§ **TASK TO COMPLETE**: Please quote the material exactly, every line of it.

§ **DATA SUPPLIED**:
Start of Block
-- ===== src/Common/Options.antt =====
-- Command-line options as `getopt_long` gives them, and the argument of `-r`, which the server
-- (src/server/server_utils.c) and the benchmark (src/benchmarking/benchmark.c) read alike.
use rdma_kv_store.Base.{
  ℕ, Bool, false, Option, none, some, List, [], ◌∷◌, ◌++◌, codes, if◌then◌else◌,
}
use rdma_kv_store.Common.{ConnectionType, rc, uc, ud}
use rdma_kv_store.Common.CString.{strncmp_eq}

-- What one call of `getopt_long` gives: the character, and `optarg`, without its NUL.
pub record Parsed : Type 0 where
  pub opt : ℕ
  pub arg : Option (List ℕ)

-- `strncmp(arg, name, 2) == 0`
abbrev is_type : List ℕ → List ℕ → Bool
is_type arg name = elim (strncmp_eq 2 (arg ++ 0 ∷ []) (name ++ 0 ∷ [])) [
  | none ↦ false
  | some b ↦ b
]

-- The connection type that an argument names, if it names one.
unfoldable pub type_of_arg : List ℕ → Option ConnectionType
type_of_arg arg =
    if is_type arg (codes "rc")
    then some rc
    else if is_type arg (codes "uc")
    then some uc
    else if is_type arg (codes "ud")
    then some ud
    else none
End of Block
§ **TASK OUTPUT**:
-- ===== src/Common/Options.antt =====
-- Command-line options as `getopt_long` gives them, and the argument of `-r`, which the server
-- (src/server/server_utils.c) and the benchmark (src/benchmarking/benchmark.c) read alike.
use rdma_kv_store.Base.{
  ℕ, Bool, false, Option, none, some, List, [], ◌∷◌, ◌++◌, codes, if◌then◌else◌,
}
use rdma_kv_store.Common.{ConnectionType, rc, uc, ud}
use rdma_kv_store.Common.CString.{strncmp_eq}

-- What one call of `getopt_long` gives: the character, and `optarg`, without its NUL.
pub record Parsed : Type 0 where
  pub opt : ℕ
  pub arg : Option (List ℕ)

-- `strncmp(arg, name, 2) == 0`
abbrev is_type : List ℕ → List ℕ → Bool
is_type arg name = elim (strncmp_eq 2 (arg ++ 0 ∷ []) (name ++ 0 ∷ [])) [
  | none ↦ false
  | some b ↦ b
]

-- The connection type that an argument names, if it names one.
unfoldable pub type_of_arg : List ℕ → Option ConnectionType
type_of_arg arg =
    if is_type arg (codes "rc")
    then some rc
    else if is_type arg (codes "uc")
    then some uc
    else if is_type arg (codes "ud")
    then some ud
    else none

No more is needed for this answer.